Having an action plan will be the key to preserving wealth
Friday, June 26, 2015, 12:53 PM

Executive Summary

  • Expect a bond market bloodbath as rates rise
  • Municipal, corporate and sovereign defaults will soon follow
  • Liquidity suffers as necessary goods prices rise, but securities prices fall
  • The new, nuclear risk of a derivatives market collapse

If you have not yet read Part 1: The Global Credit Market Is Now A Lit Powderkeg available free to all readers, please click here to read it first.

You may remember that what caused then Fed Chairman Paul Volcker to drive interest rates up in the late 1970’s was embedded inflationary expectations on the part of investors and the public at large. Volcker needed to break that inflationary mindset. Once inflationary expectations take hold in any system, they are very hard to reverse.

A huge advantage for Central Bankers being able to “print money” in very large magnitude in the current cycle has been that inflationary expectations have remained subdued. In fact, consumer prices as measured by government statistics (CPI) have been very low in recent years.

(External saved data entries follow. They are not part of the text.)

-- ===== src/Driver/Display/Safety/Rules.antt =====
-- driver/display: actions that keep the display safe, and what they establish with ESP_OK.
use agcore.Prelude.{
  ℕ, ◌≡◌, refl, sym, subst, ◌∙◌, Option, none, some, List, [], ◌∷◌, ◌++◌, Bool, true, false, not,
  ◌||◌, if◌then◌else◌, arith, Bool-cases, if_cases, inl, inr,
}
use agcore.Platform.{EspErr, esp_ok, invalid_state, is_ok}
use agcore.Driver.Display.{
  Call, LcdCmd, tx_param, PanelConfig, Runtime, Display, Answers, Act, and_then, ◌>>◌, return_ok,
  ignoring, call, if_configured, is_configured,
}
use agcore.Driver.Display.Safety.{is_tx, is_open, IsSafe, handle_after_last, ordered_last, ordered}

-- What the code before an action has made sure of.
pub data Stage : Type 0 where
  early : Stage
  opened : Stage

abbrev pub Holds : Stage → Runtime → Type 0
Holds early r = Unit {0}
Holds opened r = r.panel_io ≡ true

or_true : (b : Bool) → (b || true) ≡ true
or_true true = refl
or_true false = refl

module _ (cfg : PanelConfig) (answer : Answers) where
  -- From a safe display and P the action leaves a safe one, and Q with ESP_OK.
  abbrev pub Kept : Stage → EspErr × Display → Type 0
  Kept Q o = IsSafe answer cfg o.1 × ((is_ok o.0 ≡ true) → Holds Q o.1.runtime)

  pub record Keeps (P Q : Stage) (act : Act) : Type 0 where
    pub run : (d : Display) → IsSafe answer cfg d → Holds P d.runtime → Kept Q (act d)

  pub call-IsSafe :
      (c : Call) (d : Display)
      → is_open c ≡ false
      → (not (is_tx c) || d.runtime.panel_io) ≡ true
      → IsSafe answer cfg d
      → IsSafe answer cfg (call answer c d).1
  unfolding call
  call-IsSafe c d closed allowed s = record {
    sized = s.sized;
    direction = s.direction;
    ready = s.ready;
    handle = handle_after_last answer [] false d.calls c ∙ ground (arith, s.handle, closed);
    sent = ordered_last answer [] false d.calls c s.sent (rw s.handle allowed);
  }

  pub then-Kept :
      (Q R : Stage) (next : Act) (o : EspErr × Display)
      → Kept Q o
      → Keeps Q R next
      → Kept R (and_then o next)
  then-Kept Q R next (ret, d) (s, q) n = elim (Bool-cases (is_ok ret)) [
    | inl e ↦ rw e (n.run d s (q e))
    | inr e ↦ rw e (s, λ h. absurd (ground (arith, h, e)))
  ]

  pub Keeps-then :
      {P Q R : Stage} {act next : Act} → Keeps P Q act → Keeps Q R next → Keeps P R (act >> next)
  unfolding ◌>>◌
  Keeps-then {P} {Q} {R} {act} {next} a n = record {
    run = λ d s p. then-Kept Q R next (act d) (a.run d s p) n;
  }

  pub Keeps-return : (P : Stage) → Keeps P P return_ok
  unfolding return_ok
  Keeps-return P = record { run = λ d s p. (s, λ h. p) }

  pub Keeps-call :
      (P : Stage) (c : Call) → is_open c ≡ false → is_tx c ≡ false → Keeps P P (call answer c)
  unfolding call
  Keeps-call P c closed silent = record {
    run = λ d s p. (call-IsSafe c d closed (ground (arith, silent)) s, λ h. p);
  }

  pub Keeps-ignoring :
      (P : Stage) (c : Call)
      → is_open c ≡ false
      → is_tx c ≡ false
      → Keeps P P (ignoring (call answer c))
  unfolding ignoring call
  Keeps-ignoring P c closed silent = record {
    run = λ d s p. (call-IsSafe c d closed (ground (arith, silent)) s, λ h. p);
  }

  pub Keeps-write :
      (command : LcdCmd) (bytes : List ℕ)
      → Keeps opened opened (call answer (tx_param command bytes))
  unfolding call
  Keeps-write command bytes = record {
    run = λ d s p. (call-IsSafe (tx_param command bytes) d refl p s, λ h. p);
  }

  pub Keeps-if :
      (P Q : Stage) (b : Bool) (x y : Act)
      → Keeps P Q x
      → Keeps P Q y
      → Keeps P Q (if b then x else y)
  Keeps-if P Q true x y k l = k
  Keeps-if P Q false x y k l = l

  -- A sequence whose parts need and leave the same.
  pub steady :
      (P : Stage) {act next : Act} → Keeps P P act → Keeps P P next → Keeps P P (act >> next)
  steady P a n = Keeps-then a n

  pub Keeps-if_configured :
      (P : Stage) (pin : Option ℕ) (act : ℕ → Act)
      → ((p : ℕ) → Keeps P P (act p))
      → Keeps P P (if_configured pin act)
  unfolding if_configured
  Keeps-if_configured P none act k = Keeps-return P
  Keeps-if_configured P (some p) act k =
      Keeps-if P P (is_configured (some p)) (act p) return_ok (k p) (Keeps-return P)

  -- An action that does not touch the runtime, whatever it returns.
  pub ignoring-Keeps :
      (P : Stage) (act : Act)
      → ((d : Display) → (act d).1.runtime ≡ d.runtime)
      → Keeps P P act
      → Keeps P P (ignoring act)
  unfolding ignoring
  ignoring-Keeps P act same k = record {
    run = λ d s p. ((k.run d s p).0, λ h. subst (Holds P) (sym (same d)) p);
  }

  pub Keeps-send : (c : Call) → is_open c ≡ false → Keeps opened opened (call answer c)
  unfolding call
  Keeps-send c closed = record {
    run = λ d s p. (call-IsSafe c d closed (rw p (or_true (not (is_tx c)))) s, λ h. p);
  }

  -- The call that makes the handle, with what the code records after it.
  pub open-Keeps :
      (c : Call)
      → is_open c ≡ true
      → is_tx c ≡ false
      → (d : Display) → IsSafe answer cfg d
      → Kept opened (
          and_then
            (call answer c d)
            (λ e. (esp_ok, record e { runtime = record e.runtime { panel_io = true } })))
  unfolding call
  open-Keeps c opens silent d s =
      let last = handle_after_last answer [] false d.calls c in
      let sends : ordered answer [] false (d.calls ++ c ∷ []) ≡ true =
        ordered_last answer [] false d.calls c s.sent (ground (arith, silent)) in
      elim (Bool-cases (is_ok (answer d.calls c))) [
        | inl e ↦ rw e (
          record {
            sized = s.sized;
            direction = s.direction;
            ready = or_true (not d.runtime.initialized);
            handle = last ∙ ground (arith, opens, e);
            sent = sends;
          },
          λ h. refl,
        )
        | inr e ↦ rw e (
          record {
            sized = s.sized;
            direction = s.direction;
            ready = s.ready;
            handle = last ∙ ground (arith, opens, e, s.handle);
            sent = sends;
          },
          λ h. absurd (ground (arith, h, e)),
        )
      ]

  weaken : (P : Stage) (r : Runtime) → Holds opened r → Holds P r
  weaken early r h = tt
  weaken opened r h = h

  -- `if (!g_runtime.initialized) return ESP_ERR_INVALID_STATE;`: what is initialised has a handle.
  pub if_initialized-Keeps :
      (P : Stage) (act : Act)
      → Keeps opened opened act
      → (d : Display) → IsSafe answer cfg d
      → Holds P d.runtime
      → Kept P (if not d.runtime.initialized then (invalid_state, d) else act d)
  if_initialized-Keeps P act k d s p =
      if_cases (Kept P) (not d.runtime.initialized) (invalid_state, d) (act d) (λ e. (s, λ h. p))
        (λ e.
          let r : Kept opened (act d) = k.run d s (ground (arith, s.ready, e)) in
          (r.0, λ h. weaken P (act d).1.runtime (r.1 h)))

  -- A field of the runtime that nothing else depends on.
  pub with_callback-IsSafe :
      (cb : Option ℕ) (d : Display)
      → IsSafe answer cfg d
      → IsSafe answer cfg (record d { runtime = record d.runtime { flush_done_cb = cb } })
  with_callback-IsSafe cb d s = record {
    sized = s.sized;
    direction = s.direction;
    ready = s.ready;
    handle = s.handle;
    sent = s.sent;
  }

  pub with_task-IsSafe :
      (task : Bool) (d : Display)
      → IsSafe answer cfg d
      → IsSafe answer cfg (record d { runtime = record d.runtime { test_task = task } })
  with_task-IsSafe task d s = record {
    sized = s.sized;
    direction = s.direction;
    ready = s.ready;
    handle = s.handle;
    sent = s.sent;
  }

When Central Bankers started to print money, many were worried this currency debasement would lead to rampant inflation. Again, that has not happened for a very specific reason. For the heightened levels of inflation to sustainably take hold, wage inflation must be present. I've studied historical inflationary cycles and have not been surprised at outcomes in the current cycle in the least, as in the current cycle, continued labor market pressures have resulted in the lowest wage growth of any cycle in recent memory. But is this about to change at the margin?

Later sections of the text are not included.